Tuesday, June 5, 2012

Socrates and the Republican Party

Socrates
According to Plato, ancient Greek philosopher Socrates claimed only the "examined" life is worth living. By an examined life Socrates means a life of seeking truth through reflection, and fact-based reasoning, honed by logical, fallacy-free argumentation. Saying that the unexamined life is not worth living requires considerable hubris. Nevertheless, Panderbear has some limited sympathy for that point of view.

Panderbear has no interest in telling others their lives are not worth living. However, by genetic and experiential happenstance Panderbear has come to acccept fact-based logical reasoning, the scientific method, and devotion to the truth as the best tools humans have for making sense of their life experience and effectively exercising their will.

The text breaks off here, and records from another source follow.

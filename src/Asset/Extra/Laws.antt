-- ===== src/Asset/Extra/Laws.antt =====
-- mergeExtras: keys, and the flag.
use asset_discovery.Prelude.{◌∙◌}
use asset_discovery.Asset.Extra.{
  merge_any, merge_extra, merge_extra_at, merge_extras, merge_extras_from, store_merged,
}
use asset_discovery.Asset.Types.{Any, null}
use asset_discovery.Prelude.{Bool, Option, [], false, none, refl, some, true, ◌∷◌, ◌≡◌}
use asset_discovery.Prelude.Map.{Map, lookup}
use asset_discovery.Prelude.Text.{Text}

store_quiet :
    (k : Text) (dst : Map Any) (o : Option Any)
    → (store_merged k dst false o).1 ≡ false
    → (store_merged k dst false o).0 ≡ dst
unfolding store_merged
store_quiet k dst none h = refl
store_quiet k dst (some v) h = cc

store_flag : (k : Text) (dst : Map Any) (o : Option Any) → (store_merged k dst true o).1 ≡ true
unfolding store_merged
store_flag k dst none = refl
store_flag k dst (some v) = refl

merge_extra_at-flag :
    (k : Text) (v : Any) (dst : Map Any) (o : Option Any)
    → (merge_extra_at k v (dst, true) o).1 ≡ true
unfolding merge_extra_at
merge_extra_at-flag k v dst none = refl
merge_extra_at-flag k v dst (some x) = store_flag k dst (merge_any x v)

merge_extra_at-quiet :
    (k : Text) (v : Any) (dst : Map Any) (o : Option Any)
    → (merge_extra_at k v (dst, false) o).1 ≡ false
    → (merge_extra_at k v (dst, false) o).0 ≡ dst
unfolding merge_extra_at
merge_extra_at-quiet k v dst none h = cc
merge_extra_at-quiet k v dst (some x) h = store_quiet k dst (merge_any x v) h

merge_extra-flag : (dst : Map Any) (e : Text × Any) → (merge_extra (dst, true) e).1 ≡ true
unfolding merge_extra
merge_extra-flag dst (k, null) = refl
merge_extra-flag dst (k, v) = merge_extra_at-flag k v dst (lookup k dst)

merge_extra-quiet :
    (dst : Map Any) (e : Text × Any)
    → (merge_extra (dst, false) e).1 ≡ false
    → (merge_extra (dst, false) e).0 ≡ dst
unfolding merge_extra
merge_extra-quiet dst (k, null) h = refl
merge_extra-quiet dst (k, v) h = merge_extra_at-quiet k v dst (lookup k dst) h

merge_extra-step :
    (dst : Map Any) (changed : Bool) (e : Text × Any)
    → (merge_extra (dst, changed) e).1 ≡ false
    → (changed ≡ false) × ((merge_extra (dst, changed) e).0 ≡ dst)
merge_extra-step dst false e h = (refl, merge_extra-quiet dst e h)
merge_extra-step dst true e h = cc (merge_extra-flag dst e)

extras_quiet :
    (s : Map Any × Bool) (src : Map Any)
    → (merge_extras_from s src).1 ≡ false
    → (s.1 ≡ false) × ((merge_extras_from s src).0 ≡ s.0)
unfolding merge_extras_from
extras_quiet s [] h = (h, refl)
extras_quiet (dst, changed) (e ∷ src) h =
    let rest = extras_quiet (merge_extra (dst, changed) e) src h in
    let first = merge_extra-step dst changed e rest.0 in (first.0, rest.1 ∙ first.1)

-- When mergeExtras reports no change, the map is the one that it was given.
pub merge_extras_quiet :
    (dst src : Map Any) → (merge_extras dst src).1 ≡ false → (merge_extras dst src).0 ≡ dst
unfolding merge_extras
merge_extras_quiet dst src h = (extras_quiet (dst, false) src h).1
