-- ===== src/Asset/Infer/Vendors.antt =====
-- The names of vendors that inferFromVendorHostname looks for in a vendor in lower case.
use asset_discovery.Asset.Infer.{
  contains_any, infer_from_vendor_hostname, infer_hostnames, router_vendors,
}
use asset_discovery.Prelude.{List, [], arith, false, refl, ◌∷◌, ◌≡◌}
use asset_discovery.Prelude.Text.{Text, contains, has_prefix, text, to_lower}

-- A text that starts with an A is not in a text in lower case.
upper_absent : (s p : Text) → contains (to_lower s) (65 ∷ p) ≡ false
unfolding contains has_prefix to_lower
upper_absent [] p = refl
upper_absent (c ∷ s) p = ground (arith, upper_absent s p)

-- The names in lower case.
abbrev pub lower_vendors : List Text
lower_vendors =
    text "apple"
    ∷ text "samsung"
    ∷ text "huawei"
    ∷ text "google"
    ∷ text "microsoft"
    ∷ router_vendors

-- For a vendor that has, in lower case, none of the names that are written in lower case, the device type
-- and the operating system are inferred from the host names alone: the one name with an upper-case
-- letter is never found.
pub infer-lower_vendors :
    (vendor : Text) (hostnames : List Text)
    → contains_any (to_lower vendor) lower_vendors ≡ false
    → infer_from_vendor_hostname vendor hostnames ≡ infer_hostnames hostnames
unfolding infer_from_vendor_hostname contains_any
infer-lower_vendors vendor hostnames h = ground (arith, h, upper_absent vendor (text "nthropic"))
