-- ===== src/Tests/Cli.antt =====
-- The theorem on the command line at a concrete input.
use forcerelay_verifier.Prelude.{◌≡◌, refl, true, false, none, some, [], ◌++◌, ok, panic, hash_get}
use forcerelay_verifier.Common.{Text, hex_str_to_bytes}
use forcerelay_verifier.Common.Numbers.{codes}
use forcerelay_verifier.Config.CommandLine.{
  CliConfig, entries, text, as_provider, bytes_opt_deserialize,
}
use forcerelay_verifier.Cli.{Cli, Platform, as_cli_config, get_data_dir}
use forcerelay_verifier.Cli.Checkpoint.{as_cli_config-as_provider}

-- a byte is its own digit
abbrev platform : Platform
platform = record { home_dir = none; join = λ a b. a ++ b; hex_decode = some }

abbrev cli : Cli
cli = record {
  network = codes "mainnet";
  rpc_bind_ip = none;
  rpc_port = some 8545;
  checkpoint = some (codes "0xab");
  execution_rpc = some (codes "http://localhost");
  consensus_rpc = none;
  data_dir = some (codes "data");
  fallback = none;
  load_external_fallback = false;
  strict_checkpoint_age = true;
}

-- Without a home directory the default data directory is a panic.
homeless : get_data_dir platform (record cli { data_dir = none }) ≡ panic
unfolding get_data_dir
homeless = refl

abbrev options : CliConfig
options = record {
  execution_rpc = some (codes "http://localhost");
  consensus_rpc = none;
  checkpoint = some (codes "ab");
  rpc_bind_ip = none;
  rpc_port = some 8545;
  data_dir = codes "data";
  fallback = none;
  load_external_fallback = false;
  strict_checkpoint_age = true;
}

converts : as_cli_config platform cli ≡ ok options
unfolding as_cli_config hex_str_to_bytes
converts = refl

as_cli_config-as_provider_example :
    (t : Text) × (hash_get (codes "checkpoint") (entries (λ b. b) (λ ip. []) options (codes "data"))
      ≡ some (text t))
    × (bytes_opt_deserialize some (ok (some t)) ≡ ok (some (codes "ab")))
unfolding as_provider hex_str_to_bytes
as_cli_config-as_provider_example =
    as_cli_config-as_provider (λ b. b) (λ ip. []) some platform cli refl refl refl refl converts
      refl
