-- ===== src/Tests/Light.antt =====
-- A light client with stand-ins for the cryptography: a header hashes to its slot, a Merkle branch
-- is valid if it has the right depth, and a signature is the message that it signs.
use forcerelay_verifier.Prelude.{
  ℕ, ◌+◌, ◌-◌, ◌*◌, ◌≡◌, refl, true, false, none, some, [], ◌∷◌, ◌++◌, ok, replicate, bytes_eq,
  ◌==◌, length,
}
use forcerelay_verifier.Common.{Bytes, bytes32_to_node, slice_to}
use forcerelay_verifier.Config.Types.{Config, Fork}
use forcerelay_verifier.Consensus.Types.{
  Header, SyncCommittee, Bootstrap, Update, FinalityUpdate, from_update, from_finality_update,
  from_optimistic_update,
}
use forcerelay_verifier.Consensus.Primitives.{Primitives}
use forcerelay_verifier.Consensus.Bootstrap.{hex_prefix, initial_store, check_bootstrap}
use forcerelay_verifier.Consensus.Blocks.{BeaconBlock, BeaconBlockBody, ExecutionPayload}
use forcerelay_verifier.Consensus.Rpc.{ConsensusRpc}
use forcerelay_verifier.Consensus.Sync.{
  sync, boot, accept_updates, accept_update, accept_latest, accept_finality_update,
  accept_optimistic_update,
}
use forcerelay_verifier.Consensus.State.{ConsensusClient}
use forcerelay_verifier.Consensus.Utils.{
  get_bits, is_current_committee_proof_valid, calc_sync_period, branch_to_nodes,
}
use forcerelay_verifier.Consensus.State.{
  expected_current_slot, safety_threshold, age, is_valid_checkpoint,
}
use forcerelay_verifier.Consensus.Verify.{
  verify_generic_update, is_valid_time, is_valid_period, is_relevant, check_finality_proof,
  check_next_committee_proof, check_signature, verify_update, verify_finality_update,
  verify_optimistic_update,
}
use forcerelay_verifier.Consensus.Apply.{
  apply_generic_update, apply_update, apply_finality_update, apply_optimistic_update,
}

instance abbrev pub toy : Primitives
toy = record {
  header_root = λ h. some (h.slot ∷ replicate 31 0);
  committee_root = λ c. some (replicate 32 1);
  block_root = λ b. some (b.slot ∷ replicate 31 0);
  signing_data_root = λ d. some d.object_root;
  fork_data_root = λ d. some (replicate 32 2);
  is_valid_merkle_branch = λ leaf branch depth index root. length branch == depth;
  vector_from_iter = λ n bytes. some bytes;
  PublicKey = Bytes;
  from_bytes_unchecked = some;
  AggregateSignature = Bytes;
  signature_from_bytes = some;
  fast_aggregate_verify = λ signature message keys. bytes_eq signature message;
  hex_encode = λ bytes. bytes;
  node_to_string = λ node. hex_prefix ++ node;
  duration_from_std = some;
}

abbrev pub zeros : Bytes
zeros = replicate 32 0

abbrev pub header_at : ℕ → Header
header_at slot = record {
  slot = slot;
  proposer_index = 0;
  parent_root = zeros;
  state_root = zeros;
  body_root = zeros;
}

abbrev pub committee : SyncCommittee
committee = record { pubkeys = replicate 512 (1 ∷ []); aggregate_pubkey = 1 ∷ [] }

abbrev pub fork_at : ℕ → Fork
fork_at epoch = record { epoch = epoch; fork_version = epoch ∷ 0 ∷ 0 ∷ 0 ∷ [] }

abbrev pub config : Config
config = record {
  consensus_rpc = [];
  execution_rpc = [];
  rpc_bind_ip = none;
  rpc_port = none;
  default_checkpoint = zeros;
  checkpoint = none;
  data_dir = none;
  chain = record { chain_id = 5; genesis_time = 1000; genesis_root = zeros };
  forks = record {
    genesis = fork_at 0;
    altair = fork_at 1;
    bellatrix = fork_at 2;
    capella = fork_at 3;
  };
  max_checkpoint_age = 1_209_600;
  fallback = none;
  load_external_fallback = false;
  strict_checkpoint_age = true;
}

abbrev pub client : ConsensusClient
client = record {
  store = record {
    finalized_header = header_at 64;
    current_sync_committee = committee;
    next_sync_committee = none;
    optimistic_header = header_at 70;
    previous_max_active_participants = 0;
    current_max_active_participants = 400;
  };
  initial_checkpoint = 64 ∷ replicate 31 0;
  last_checkpoint = none;
  config = config;
}

-- signed by all members at slot 161
abbrev pub update : Update
update = record {
  attested_header = header_at 160;
  next_sync_committee = committee;
  next_sync_committee_branch = replicate 5 zeros;
  finalized_header = header_at 96;
  finality_branch = replicate 6 zeros;
  sync_aggregate = record {
    sync_committee_bits = replicate 512 true;
    sync_committee_signature = 160 ∷ replicate 31 0;
  };
  signature_slot = 161;
}

-- slot 200
abbrev pub now : ℕ
now = 1000 + 2400

pub verifies : verify_generic_update client now (from_update update) ≡ ok tt
unfolding verify_generic_update get_bits from_update expected_current_slot is_valid_time
    is_valid_period calc_sync_period is_relevant check_finality_proof bytes32_to_node
    branch_to_nodes check_next_committee_proof check_signature slice_to bytes_eq
verifies = refl

-- the client after the update
abbrev pub updated : ConsensusClient
updated = record client {
  store = record client.store {
    finalized_header = header_at 96;
    next_sync_committee = some committee;
    optimistic_header = header_at 160;
    current_max_active_participants = 512;
  };
  last_checkpoint = some (96 ∷ replicate 31 0);
}

pub applies : apply_generic_update now now (from_update update) client ≡ ok updated
unfolding apply_generic_update get_bits from_update safety_threshold age calc_sync_period
applies = refl

abbrev pub root : Bootstrap
root = record {
  header = header_at 64;
  current_sync_committee = committee;
  current_sync_committee_branch = replicate 5 zeros;
}

abbrev pub payload_at : ℕ → ExecutionPayload
payload_at slot = ExecutionPayload.bellatrix (record {
  parent_hash = (slot - 1) ∷ [];
  fee_recipient = [];
  state_root = zeros;
  receipts_root = zeros;
  logs_bloom = [];
  prev_randao = zeros;
  block_number = slot;
  gas_limit = 30_000_000;
  gas_used = 15_000_000;
  timestamp = slot * 12;
  extra_data = [];
  base_fee_per_gas = 7;
  block_hash = slot ∷ [];
  transactions = [];
})

abbrev pub block_with : ℕ → ExecutionPayload → BeaconBlock
block_with slot payload = record {
  slot = slot;
  proposer_index = 0;
  parent_root = zeros;
  state_root = zeros;
  body = BeaconBlockBody.bellatrix (record {
    randao_reveal = [];
    eth1_data = record { deposit_root = zeros; deposit_count = 0; block_hash = zeros };
    graffiti = zeros;
    proposer_slashings = [];
    attester_slashings = [];
    attestations = [];
    deposits = [];
    voluntary_exits = [];
    sync_aggregate = update.sync_aggregate;
    execution_payload = payload;
  });
}

abbrev pub block_at : ℕ → BeaconBlock
block_at slot = block_with slot (payload_at slot)

-- the finality update that the server gives
abbrev pub newest_update : FinalityUpdate
newest_update = record {
  attested_header = header_at 170;
  finalized_header = header_at 128;
  finality_branch = replicate 6 zeros;
  sync_aggregate = record {
    sync_committee_bits = replicate 512 true;
    sync_committee_signature = 170 ∷ replicate 31 0;
  };
  signature_slot = 171;
}

-- a server that gives one update, then the same as a finality and an optimistic update
abbrev pub rpc : ConsensusRpc
rpc = record {
  get_bootstrap = λ checkpoint. ok root;
  get_updates = λ period count. ok (update ∷ []);
  get_finality_update = ok newest_update;
  get_optimistic_update = ok (record {
    attested_header = header_at 180;
    sync_aggregate = record {
      sync_committee_bits = replicate 400 true ++ replicate 112 false;
      sync_committee_signature = 180 ∷ replicate 31 0;
    };
    signature_slot = 181;
  });
  get_block = λ slot. ok (block_at slot);
  chain_id = ok 5;
}

abbrev pub fresh_client : ConsensusClient
fresh_client = record client { store = initial_store root }

-- The whole of `sync` on these answers: three updates are taken.
synced :
    ((sync rpc (λ i. now) client).0 ≡ ok tt)
    × ((sync rpc (λ i. now) client).1.store.finalized_header.slot ≡ 128)
    × ((sync rpc (λ i. now) client).1.store.optimistic_header.slot ≡ 180)
unfolding sync boot check_bootstrap is_valid_checkpoint initial_store accept_updates accept_update
    accept_latest accept_finality_update accept_optimistic_update verify_update
    verify_finality_update verify_optimistic_update apply_update apply_finality_update
    apply_optimistic_update from_finality_update from_optimistic_update verify_generic_update
    get_bits from_update expected_current_slot is_valid_time is_valid_period calc_sync_period
    is_relevant check_finality_proof bytes32_to_node branch_to_nodes check_next_committee_proof
    check_signature slice_to bytes_eq apply_generic_update safety_threshold age
    is_current_committee_proof_valid
synced = (refl, refl, refl)

pub newest_verifies : verify_generic_update updated now (from_finality_update newest_update) ≡ ok tt
unfolding verify_generic_update get_bits from_finality_update expected_current_slot is_valid_time
    is_valid_period calc_sync_period is_relevant check_finality_proof bytes32_to_node
    branch_to_nodes check_next_committee_proof check_signature slice_to bytes_eq
newest_verifies = refl

abbrev pub finalized : ConsensusClient
finalized = record updated {
  store = record updated.store {
    finalized_header = header_at 128;
    optimistic_header = header_at 170;
  };
  last_checkpoint = some (128 ∷ replicate 31 0);
}

pub newest_applies :
    apply_generic_update now now (from_finality_update newest_update) updated ≡ ok finalized
unfolding apply_generic_update get_bits from_finality_update safety_threshold age calc_sync_period
newest_applies = refl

Panderbear has no particular quarrel with those who disagree with his philosophy, so long as they do not act in ways that prevent others, including Panderbear, from freely pursuing their own life goals. Of course the pursuit of those goals must be constrained by laws and mores lest anarchy and chaos ensue. However, if our elected officials are living unexamined lives with philosophies bereft of reverence for truth, logical reasoning, and science and are attempting to impose policies that derive from belief in political and religious dogma, the supernatural, anti-science philsophies and are intent on subjecting all of us to the inevitable failures of their ill-informed policies, then Panderbear takes issue.

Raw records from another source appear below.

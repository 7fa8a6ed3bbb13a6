-- ===== src/Tests/Ledger.antt =====
-- An execution RPC over toy primitives, with one account, one transaction and its receipt. A hash is
-- 32 times the length of what is hashed, and a node of two items is the length of its path, the path
-- and the value.
use forcerelay_verifier.Prelude.{
  ◌%◌, ◌*◌, ◌==◌, ◌+◌, ◌/◌, Outcome, ◌<◌, u64_mod, arith, length-take, subst, true, ℕ, ◌≡◌, refl,
  List, [], ◌∷◌, ◌++◌, Option, none, some, map, length, take, drop, replicate, bytes_eq, ok,
  BTreeMap,
}
use forcerelay_verifier.Common.{Bytes, hex_str_to_bytes}
use forcerelay_verifier.Consensus.Blocks.{ExecutionPayload}
use forcerelay_verifier.Execution.Primitives.{Primitives, ProofResponse}
use forcerelay_verifier.Execution.Types.{Account, CallOpts}
use forcerelay_verifier.Execution.Rpc.{ExecutionRpc}
use forcerelay_verifier.Execution.Proof.{
  get_nibble, skip_length, shared_prefix_length, verify_node, verify_proof, encode_account,
}
use forcerelay_verifier.Execution.Errors.{Report}
use forcerelay_verifier.Execution.Evm.{
  Revm, call_out, get_env, batch_fetch_accounts, fetch_chunk, fetch_chunks, fill_chunks,
}
use forcerelay_verifier.Execution.Evm.Database.{
  ProofDb, call, estimate_gas, run, check_exit, set_accounts, storage, known_slot, fetch_slot,
  fetch_account, callbacks,
}
use forcerelay_verifier.Execution.Client.{get_account, get_transaction, get_transaction_receipt}
use forcerelay_verifier.Execution.Client.Logs.{get_logs}

abbrev concat : List Bytes → Bytes
concat [] = []
concat (x ∷ xs) = x ++ concat xs

abbrev decode : Bytes → Option (List Bytes)
decode [] = none
decode (n ∷ node) = some (take (n % 256) node ∷ drop (n % 256) node ∷ [])

abbrev record_log : Bytes × ℕ → Bytes
record_log (hash, index) = index ∷ []

abbrev both_receipts_empty : ℕ × List (Bytes × ℕ) → Bytes
both_receipts_empty (block, logs) = concat (map record_log logs)

instance abbrev pub toy : Primitives
toy = record {
  keccak256 = λ bytes. replicate 32 (length bytes);
  keccak_empty = replicate 32 0;
  decode_list = decode;
  encode_list = concat;
  uint_bytes = λ n. n ∷ [];
  encode_uint = λ n. n ∷ [];
  encode_hex = λ bytes. bytes;
  hex_decode = λ text. some text;
  ordered_trie_root = λ items. replicate 32 (length items);
  Transaction = ℕ × Bytes;
  transaction_block_number = λ tx. some tx.0;
  transaction_rlp = λ tx. tx.1;
  Log = Bytes × ℕ;
  log_transaction_hash = λ log. some log.0;
  log_index = λ log. some log.1;
  log_rlp = record_log;
  TransactionReceipt = ℕ × List (Bytes × ℕ);
  receipt_eq = λ r s. bytes_eq (both_receipts_empty r) (both_receipts_empty s);
  receipt_block_number = λ receipt. some receipt.0;
  receipt_status = λ receipt. some 1;
  receipt_cumulative_gas_used = λ receipt. 21000;
  receipt_logs_bloom = λ receipt. [];
  receipt_logs = λ receipt. receipt.1;
  receipt_transaction_type = λ receipt. some 2;
  encode_receipt_list = λ status gas bloom logs. status ∷ concat (map record_log logs);
  h256_from_uint = λ n. replicate 32 n;
  u256_from_little_endian = λ bytes. length bytes;
  Float = ℕ;
  float_eq = λ a b. a == b;
  round_ratio = λ ratio. ratio;
  gas_ratio = λ used limit. used * 100 / limit;
  Filter = Option ℕ × Option ℕ;
  filter_to_block = λ filter. filter.1;
  filter_from_block = λ filter. filter.0;
  filter_block_hash = λ filter. none;
  filter_with_to_block = λ block filter. (filter.0, some block);
  filter_with_from_block = λ block filter. (some block, filter.1);
}

-- the account's address, its code and the proof of its nonce and balance
abbrev pub address : Bytes
address = replicate 20 7

abbrev code : Bytes
code = 1 ∷ 2 ∷ 3 ∷ []

abbrev pub slot : Bytes
slot = replicate 32 9

-- a leaf for the whole of the path that a hash of `n` bytes is
abbrev leaf : ℕ → Bytes → Bytes
leaf n value = 33 ∷ 0x20 ∷ replicate 32 n ++ value

abbrev slot_leaf : Bytes
slot_leaf = leaf 32 (5 ∷ [])

abbrev storage_hash : Bytes
storage_hash = replicate 32 35

abbrev account_leaf : Bytes
account_leaf = leaf 20 (1 ∷ 100 ∷ storage_hash ++ replicate 32 3)

abbrev answer : ProofResponse
answer = record {
  account_proof = account_leaf ∷ [];
  balance = 100;
  code_hash = replicate 32 3;
  nonce = 1;
  storage_hash = storage_hash;
  storage_proof = record { key = slot; proof = slot_leaf ∷ []; value = 5 } ∷ [];
}

abbrev pub tx : ℕ × Bytes
tx = (7, 8 ∷ 8 ∷ [])

abbrev pub tx_hash : Bytes
tx_hash = replicate 32 2

abbrev pub receipt : ℕ × List (Bytes × ℕ)
receipt = (7, (tx_hash, 4) ∷ [])

abbrev pub rpc : ExecutionRpc
rpc = record {
  get_proof = λ owner slots block. ok answer;
  create_access_list =
      λ opts block. ok (record { address = address; storage_keys = slot ∷ [] } ∷ []);
  get_code = λ owner block. ok code;
  send_raw_transaction = λ bytes. ok tx_hash;
  get_transaction_receipt = λ hash. ok (some receipt);
  get_transaction = λ hash. ok (some tx);
  get_logs = λ filter. ok ((tx_hash, 4) ∷ []);
  chain_id = ok 1;
  get_fee_history = λ count last percentiles. ok (record {
    base_fee_per_gas = 7 ∷ 8 ∷ [];
    gas_used_ratio = 0 ∷ [];
    oldest_block = 7;
    reward = [];
  });
}

-- a payload with a number and a block hash
abbrev pub numbered : ℕ → Bytes → ExecutionPayload
numbered number hash = ExecutionPayload.bellatrix (record {
  parent_hash = replicate 32 0;
  fee_recipient = replicate 20 0;
  state_root = replicate 32 100;
  receipts_root = replicate 32 1;
  logs_bloom = [];
  prev_randao = replicate 32 0;
  block_number = number;
  gas_limit = 30000000;
  gas_used = 21000;
  timestamp = 0;
  extra_data = [];
  base_fee_per_gas = 7;
  block_hash = hash;
  transactions = (8 ∷ 8 ∷ []) ∷ [];
})

abbrev pub payload : ExecutionPayload
payload = numbered 7 (replicate 32 1)

abbrev pub payloads : BTreeMap ExecutionPayload
payloads = (7, payload) ∷ []

abbrev pub account : Account
account = record {
  balance = 100;
  nonce = 1;
  code_hash = replicate 32 3;
  code = code;
  storage_hash = storage_hash;
  slots = (slot, 5) ∷ [];
}

pub gets_account : get_account rpc address (some (slot ∷ [])) payload ≡ ok account
unfolding get_account verify_proof verify_node get_nibble encode_account hex_str_to_bytes bytes_eq
    skip_length
gets_account = refl

-- an EVM that asks its database for the test's slot, and returns it as the output
abbrev pub evm : Revm
evm = record {
  transact = λ env db. record {
    exit_reason = 1;
    gas_used = 21000;
    out = call_out (read (db.storage address 9));
  };
  return_revert = 2;
  return_return = 1;
  return_stop = 0;
  default_account = record { balance = 0; nonce = 0; bytecode = [] };
  scale_gas = λ gas. gas + gas / 10;
}
  where
    read : Outcome Report ℕ → Bytes
    read (ok value) = value ∷ []
    read _ = []

pub gets_transaction : get_transaction rpc tx_hash payloads ≡ ok (some tx)
unfolding get_transaction bytes_eq
gets_transaction = refl

pub gets_receipt : get_transaction_receipt rpc tx_hash payloads ≡ ok (some receipt)
unfolding get_transaction_receipt bytes_eq
gets_receipt = refl

pub gets_logs : get_logs rpc (none, none) payloads ≡ ok ((tx_hash, 4) ∷ [])
unfolding get_logs get_transaction_receipt bytes_eq
gets_logs = refl

pub toy-counted :
    (node node_path item : Bytes)
    → toy.decode_list node ≡ some (node_path ∷ item ∷ [])
    → length node_path * 2 < u64_mod
toy-counted [] node_path item e = cc
toy-counted (n ∷ node) node_path item e = subst (λ p. length p * 2 < u64_mod) (first e) few
  where
    first :
        some (take (n % 256) node ∷ drop (n % 256) node ∷ []) ≡ some (node_path ∷ item ∷ [])
        → take (n % 256) node ≡ node_path
    first p = cc

    few : length (take (n % 256) node) * 2 < u64_mod
    few = omega (arith, length-take (n % 256) node)

-- a node that extends the path by a byte, and the leaf for the other 31
abbrev pub two_nodes : List Bytes
two_nodes = (2 ∷ 0 ∷ 20 ∷ replicate 32 34) ∷ (32 ∷ 0x20 ∷ replicate 31 20 ++ (5 ∷ [])) ∷ []

accepts_two_nodes : verify_proof two_nodes (replicate 32 35) (replicate 32 20) (5 ∷ []) ≡ ok true
unfolding verify_proof verify_node get_nibble bytes_eq skip_length shared_prefix_length
accepts_two_nodes = refl

abbrev pub opts : CallOpts
opts = record {
  from = none;
  to = some address;
  gas = none;
  gas_price = none;
  value = none;
  call_data = none;
}

abbrev pub db : ProofDb
db = record { current_payload = payload; payloads = payloads; accounts = []; error = none }

-- The call reads the slot's value, 5, from the access list's proof.
pub calls : call evm rpc 1 db opts ≡ ok (5 ∷ [])
unfolding call run check_exit get_env batch_fetch_accounts fetch_chunk fetch_chunks fill_chunks
    get_account verify_proof verify_node get_nibble encode_account hex_str_to_bytes bytes_eq
    skip_length set_accounts storage known_slot fetch_slot fetch_account callbacks
calls = refl

pub estimates : estimate_gas evm rpc 1 db opts ≡ ok 23100
unfolding estimate_gas run check_exit get_env batch_fetch_accounts fetch_chunk fetch_chunks
    fill_chunks get_account verify_proof verify_node get_nibble encode_account hex_str_to_bytes
    bytes_eq skip_length set_accounts storage known_slot fetch_slot fetch_account
estimates = refl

In pandering to those of the electorate who eschew the examined life and instead take their political philosophy from bumper stickers and personal bias and their religious philosophy from off-the-shelf religious dogma of one sect or another, Republicans have inevitably stumbled into policies that are anti-science, illogical, and fact-free. To paraphrase Socrates, the life of a political party whose policies are based on unexamined philosophy is not worth living.